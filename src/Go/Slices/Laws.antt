-- ===== src/Go/Slices/Laws.antt =====
-- Sorted and compacted texts.
use Prim.Native.Nat.{Ordering}
use Prim.Native.String.{compare}
use text.Mathlib.TextEquality.{path_by_compare}
use topovgm.Prelude.{
  String, ◌≡◌, ◌≢◌, refl, true, ◌||◌, List, [], ◌∷◌, ◌==◌, string_eq, contains, arith,
}
use topovgm.Go.Slices.{before, insert, sort, compact}
use topovgm.Go.Slices.Order.{compare-gt}

contains-insert :
    (a s : String) (ts : List String) → contains (insert s ts) a ≡ (a == s || contains ts a)
unfolding insert
contains-insert a s [] = refl
contains-insert a s (t ∷ ts) = ground (arith, contains-insert a s ts)

contains-sort : (a : String) (ts : List String) → contains (sort ts) a ≡ contains ts a
unfolding sort
contains-sort a [] = refl
contains-sort a (s ∷ ts) = ground (arith, contains-insert a s (sort ts), contains-sort a ts)

contains-compact : (a : String) (ts : List String) → contains (compact ts) a ≡ contains ts a
unfolding compact
contains-compact a [] = refl
contains-compact a (s ∷ []) = refl
contains-compact a (s ∷ (t ∷ ts)) = ground (arith, contains-compact a (t ∷ ts))

-- `slices.Compact(slices.Sort(ts))` holds the same texts.
pub contains-compact-sort :
    (a : String) (ts : List String) → contains (compact (sort ts)) a ≡ contains ts a
contains-compact-sort a ts = ground (arith, contains-compact a (sort ts), contains-sort a ts)

-- No text stands before one that it is greater than: an adjacent check, which is enough.
abbrev AscendsFrom : String → List String → Type 0
AscendsFrom s [] = Unit
AscendsFrom s (t ∷ ts) = (before s t ≡ true) × AscendsFrom t ts

abbrev Ascends : List String → Type 0
Ascends [] = Unit
Ascends (s ∷ ts) = AscendsFrom s ts

-- Each text is less than the next: an ascending list without repetitions.
abbrev StrictFrom : String → List String → Type 0
StrictFrom s [] = Unit
StrictFrom s (t ∷ ts) = (compare s t ≡ Ordering.lt) × StrictFrom t ts

abbrev pub IsStrict : List String → Type 0
IsStrict [] = Unit
IsStrict (s ∷ ts) = StrictFrom s ts

insert-AscendsFrom :
    (a s : String) (ts : List String)
    → before a s ≡ true
    → AscendsFrom a ts
    → AscendsFrom a (insert s ts)
unfolding insert
insert-AscendsFrom a s [] h k = (h, tt)
insert-AscendsFrom a s (t ∷ ts) h k = ground (arith, compare-gt s t, insert-AscendsFrom t s ts)

insert-Ascends : (s : String) (ts : List String) → Ascends ts → Ascends (insert s ts)
unfolding insert
insert-Ascends s [] h = tt
insert-Ascends s (t ∷ ts) h = ground (arith, compare-gt s t, insert-AscendsFrom t s ts)

sort-Ascends : (ts : List String) → Ascends (sort ts)
unfolding sort
sort-Ascends [] = tt
sort-Ascends (s ∷ ts) = insert-Ascends s (sort ts) (sort-Ascends ts)

abbrev StartsFrom : String → List String → Type 0
StartsFrom s [] = ⊥
StartsFrom s (t ∷ ts) = (s ≡ t) × StrictFrom t ts

StartsFrom-StrictFrom :
    (s t : String) (l : List String) → compare s t ≡ Ordering.lt → StartsFrom t l → StrictFrom s l
StartsFrom-StrictFrom s t [] h k = tt
StartsFrom-StrictFrom s t (u ∷ l) h k = (rw (← k.0) h, k.1)

before_ne : (s t : String) → before s t ≡ true → s ≢ t → compare s t ≡ Ordering.lt
before_ne s t h n = ground (arith, path_by_compare s t)

compact-StartsFrom :
    (s : String) (ts : List String) → AscendsFrom s ts → StartsFrom s (compact (s ∷ ts))
unfolding compact
compact-StartsFrom s [] h = (refl, tt)
compact-StartsFrom s (t ∷ ts) h =
    ground
      (arith, before_ne s t, compact-StartsFrom t ts, StartsFrom-StrictFrom s t (compact (t ∷ ts)))

StartsFrom-IsStrict : (s : String) (l : List String) → StartsFrom s l → IsStrict l
StartsFrom-IsStrict s [] h = tt
StartsFrom-IsStrict s (t ∷ l) h = h.1

compact-IsStrict : (ts : List String) → Ascends ts → IsStrict (compact ts)
compact-IsStrict [] h = unfold compact in tt
compact-IsStrict (s ∷ ts) h = StartsFrom-IsStrict s _ (compact-StartsFrom s ts h)

-- `slices.Compact(slices.Sort(ts))` is strictly ascending.
pub compact-sort-IsStrict : (ts : List String) → IsStrict (compact (sort ts))
compact-sort-IsStrict ts = compact-IsStrict (sort ts) (sort-Ascends ts)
● ● ●
_Your task_
Whichever lines of the data include the word "than", pull them out.

_Task solution_
-- No text stands before one that it is greater than: an adjacent check, which is enough.
-- Each text is less than the next: an ascending list without repetitions.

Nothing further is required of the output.